Top of Raw data
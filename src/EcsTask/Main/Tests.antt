-- ===== src/EcsTask/Main/Tests.antt =====
-- Runs on a small service: it keeps one definition, and refuses to register another.
use community_aws.Base.{
  String, ◌≡◌, refl, sym, ap, ◌⊎◌, Bool, true, false, Option, none, some, List, [], ◌∷◌, ◌++◌, map,
  String-discrete, string_eq, nat_eq, bool_eq, option_eq, Option-discrete, client_error, ok, err,
  ok_pair, ok_inj,
}
use mathlib.Core.Path.{subst}
use community_aws.Base.Int.{ℤ, pos}
use community_aws.Base.Run.{done, done_inj}
use community_aws.EcsTask.Values.{Fields}
use community_aws.EcsTask.Match.{TaskDef, find_existing}
use community_aws.EcsTask.Match.Same.{IsProper, ProperFields, Filling, IsCurrent, falsy-IsKept}
use community_aws.EcsTask.Register.{Host, Registration, with_environment, validated_containers}
use community_aws.EcsTask.Manager.{
  TaskName, arn, Ecs, describe_task, fetch, describe_each, describe_task_definitions, register_task,
  deregister_task,
}
use community_aws.EcsTask.Main.{
  State, present, absent, Params, check_botocore, check_present, with_revision, existing_revision,
  existing_definition, unchanged, changed_to, task_to_describe, create, ensure_present,
  ensure_absent, main,
}
use community_aws.EcsTask.Values.{text, number, end, field, lookup, equal}
use community_aws.EcsTask.Match.{
  right_has_values_of_left, left_agrees, right_agrees, agrees, as_lists,
}
use community_aws.EcsTask.Register.{int_at, container, each_container, each_in, set_field}
use community_aws.EcsTask.Manager.{sorted_by_revision, insert_by_revision}
use community_aws.EcsTask.Main.CheckMode.{main-keeps}
use community_aws.EcsTask.Main.Next.{IsActiveAt, IsNext}
use community_aws.EcsTask.Main.Present.{main-revision}
use community_aws.EcsTask.Main.Twice.{IsRegistering, IsAsked, main-twice}
use community_aws.EcsTask.Main.Absent.{IsInactive, IsDeregistering, main-IsInactive}

-- The service adds the units of CPU, 0, to a container.
abbrev filling : Filling
filling = record { volume = λ d. d; container = λ d. field "cpu" (number (pos 0)) d }

abbrev as_registered : Registration → TaskDef
as_registered r = record {
  task_definition_arn = "arn-1";
  revision = 1;
  status = "ACTIVE";
  task_role_arn = some r.task_role_arn;
  volumes = r.volumes;
  container_definitions = map filling.container r.container_definitions;
}

abbrev small : Ecs
small = record {
  World = Option TaskDef;
  list_task_definitions = λ family token w. elim w [
    | none ↦ ok ([], none)
    | some td ↦ ok (td.task_definition_arn ∷ [], none)
  ];
  describe_task_definition =
      λ name w. elim w [ none ↦ err (client_error "unknown") | some td ↦ ok td ];
  register_task_definition = λ r w. elim w [
    | none ↦ ok (as_registered r, some (as_registered r))
    | some td ↦ err (client_error "limit")
  ];
  deregister_task_definition = λ name w. elim w [
    | none ↦ err (client_error "unknown")
    | some td ↦ ok (some (record td { status = "INACTIVE" }))
  ];
}

small-IsDeregistering : IsDeregistering small
small-IsDeregistering = record { deregisters = deregistered }
  where
    deregistered :
        (name : TaskName) (w w' : Option TaskDef)
        → small.deregister_task_definition name w ≡ ok w'
        → (td : TaskDef) × (small.describe_task_definition name w' ≡ ok td)
          × (td.status ≡ "INACTIVE")
    deregistered name none w' h = cc
    deregistered name (some td) w' h =
        (record td { status = "INACTIVE" }, rw (← ok_inj h) refl, refl)

listed :
    (r : Registration) (w w' : Option TaskDef) (td : TaskDef) (tds : List TaskDef)
    → small.register_task_definition r w ≡ ok (td, w')
    → describe_task_definitions small 1 r.family w ≡ done (tds, w)
    → describe_task_definitions small 1 r.family w' ≡ done (tds ++ td ∷ [], w')
unfolding describe_task_definitions fetch describe_each sorted_by_revision insert_by_revision
listed r (some x) w' td tds h k = cc
listed r none w' td tds h k = rw (← (ok_pair h).0, ← (ok_pair h).1, ← (done_inj k).0) refl

map_same : (l : List Fields) → map (λ d. d) l ≡ l
map_same [] = refl
map_same (d ∷ l) = ap (λ m. d ∷ m) (map_same l)

registered :
    (r : Registration) (w w' : Option TaskDef) (td : TaskDef)
    → small.register_task_definition r w ≡ ok (td, w')
    → IsCurrent filling
        (record {
          volumes = r.volumes;
          containers = r.container_definitions;
          task_role_arn = r.task_role_arn;
        })
        td
registered r (some x) w' td h = cc
registered r none w' td h =
    subst
      (IsCurrent filling (record {
        volumes = r.volumes;
        containers = r.container_definitions;
        task_role_arn = r.task_role_arn;
      }))
      (ok_pair h).0
      (record {
        is_active = refl;
        has_role = refl;
        has_volumes = sym (map_same r.volumes);
        has_containers = refl;
      })

small-IsRegistering : IsRegistering small 1 filling
small-IsRegistering = record { lists = listed; registers = registered }

abbrev host : Host
host = record { parse_int = λ s. none; to_text = λ v. "text"; botocore_at_least = λ version. true }

abbrev app : Fields
app = field "name" (text "app") (field "memory" (number (pos 512)) end)

abbrev asked : State → Option ℤ → Bool → Params
asked state revision check = record {
  state = state;
  arn = some "arn-1";
  family = some "web";
  revision = revision;
  force_create = false;
  containers = app ∷ [];
  network_mode = "bridge";
  task_role_arn = "role";
  execution_role_arn = "";
  volumes = [];
  launch_type = none;
  cpu = none;
  memory = none;
  check_mode = check;
}

abbrev web : TaskDef
web = record {
  task_definition_arn = "arn-1";
  revision = 1;
  status = "ACTIVE";
  task_role_arn = some "role";
  volumes = [];
  container_definitions = filling.container app ∷ [];
}

checked_run : main small host 1 (asked present none true) none ≡ done (changed_to none, none)
unfolding main check_botocore with_environment each_container each_in ensure_present check_present
    describe_task_definitions fetch describe_each sorted_by_revision existing_definition
    find_existing create lookup String-discrete Option-discrete
checked_run = refl

main-keeps_example : ◌≡◌ {A = Option TaskDef} none none
main-keeps_example =
    main-keeps small host 1 (asked present none true) none none (changed_to none) refl checked_run

revision_run :
    main small host 1 (asked present (some (pos 1)) false) none
    ≡ done (changed_to (some web), some web)
unfolding main check_botocore with_environment each_container each_in ensure_present check_present
    describe_task_definitions fetch describe_each sorted_by_revision existing_definition
    existing_revision with_revision create register_task validated_containers container int_at
    set_field lookup String-discrete Option-discrete
revision_run = refl

main-revision_example :
    (family : String) × (tds : List TaskDef) × (some "web" ≡ some family)
    × (describe_task_definitions small 1 family none ≡ done (tds, none))
    × (((td : TaskDef) × IsActiveAt (pos 1) tds td
          × (changed_to (some web) ≡ unchanged (some td))
          × (some web ≡ none))
        ⊎ ((true ≡ true) × ((false ≡ true) ⊎ IsNext (pos 1) tds)))
main-revision_example =
    main-revision small host 1 (asked present (some (pos 1)) false) (pos 1) none (some web)
      (changed_to (some web)) refl refl revision_run

plain_run :
    main small host 1 (asked present none false) none ≡ done (changed_to (some web), some web)
unfolding main check_botocore with_environment each_container each_in ensure_present check_present
    describe_task_definitions fetch describe_each sorted_by_revision existing_definition
    find_existing create register_task validated_containers container int_at set_field lookup
    String-discrete Option-discrete
plain_run = refl

app_same : right_has_values_of_left app (filling.container app) ≡ ok true
unfolding right_has_values_of_left left_agrees right_agrees agrees as_lists lookup equal
    String-discrete
app_same = refl

app-ProperFields : ProperFields app
unfolding IsProper lookup String-discrete
app-ProperFields = (refl, (tt, (refl, (tt, tt))))

no_cpu : lookup "cpu" app ≡ none
unfolding lookup String-discrete
no_cpu = refl

asked_plainly : IsAsked host (asked present none false) filling (app ∷ [])
unfolding with_environment each_container each_in validated_containers container int_at set_field
    lookup String-discrete
asked_plainly = record {
  is_present = refl;
  no_revision = refl;
  not_forced = refl;
  no_check = refl;
  texts = refl;
  numbers = refl;
  complete = record {
    volumes_kept = tt;
    containers_kept = (falsy-IsKept "cpu" (number (pos 0)) app app-ProperFields no_cpu refl, tt);
    volumes_comparable = tt;
    containers_comparable = (((true, app_same), tt), tt);
  };
}

main-twice_example :
    main small host 1 (asked present none false) (some web) ≡ done (unchanged (some web), some web)
main-twice_example =
    main-twice small host 1 (asked present none false) filling (app ∷ []) none (some web)
      (changed_to (some web)) small-IsRegistering asked_plainly plain_run

removal_run :
    main small host 1 (asked absent none false) (some web)
    ≡ done (changed_to (some web), some (record web { status = "INACTIVE" }))
unfolding main check_botocore with_environment each_container each_in ensure_absent task_to_describe
    describe_task deregister_task lookup String-discrete Option-discrete
removal_run = refl

named_run : task_to_describe (asked absent none false) ≡ ok (arn "arn-1")
unfolding task_to_describe
named_run = refl

main-IsInactive_example : IsInactive small (arn "arn-1") (some (record web { status = "INACTIVE" }))
main-IsInactive_example =
    main-IsInactive small small-IsDeregistering host 1 (asked absent none false) refl (arn "arn-1")
      (some web) (some (record web { status = "INACTIVE" })) (changed_to (some web)) refl named_run
      removal_run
Bottom of Raw data
§ **Required action**
Show every line in the records above that contains the word "falsy".

§ **Written answer**
use community_aws.EcsTask.Match.Same.{IsProper, ProperFields, Filling, IsCurrent, falsy-IsKept}
    containers_kept = (falsy-IsKept "cpu" (number (pos 0)) app app-ProperFields no_cpu refl, tt);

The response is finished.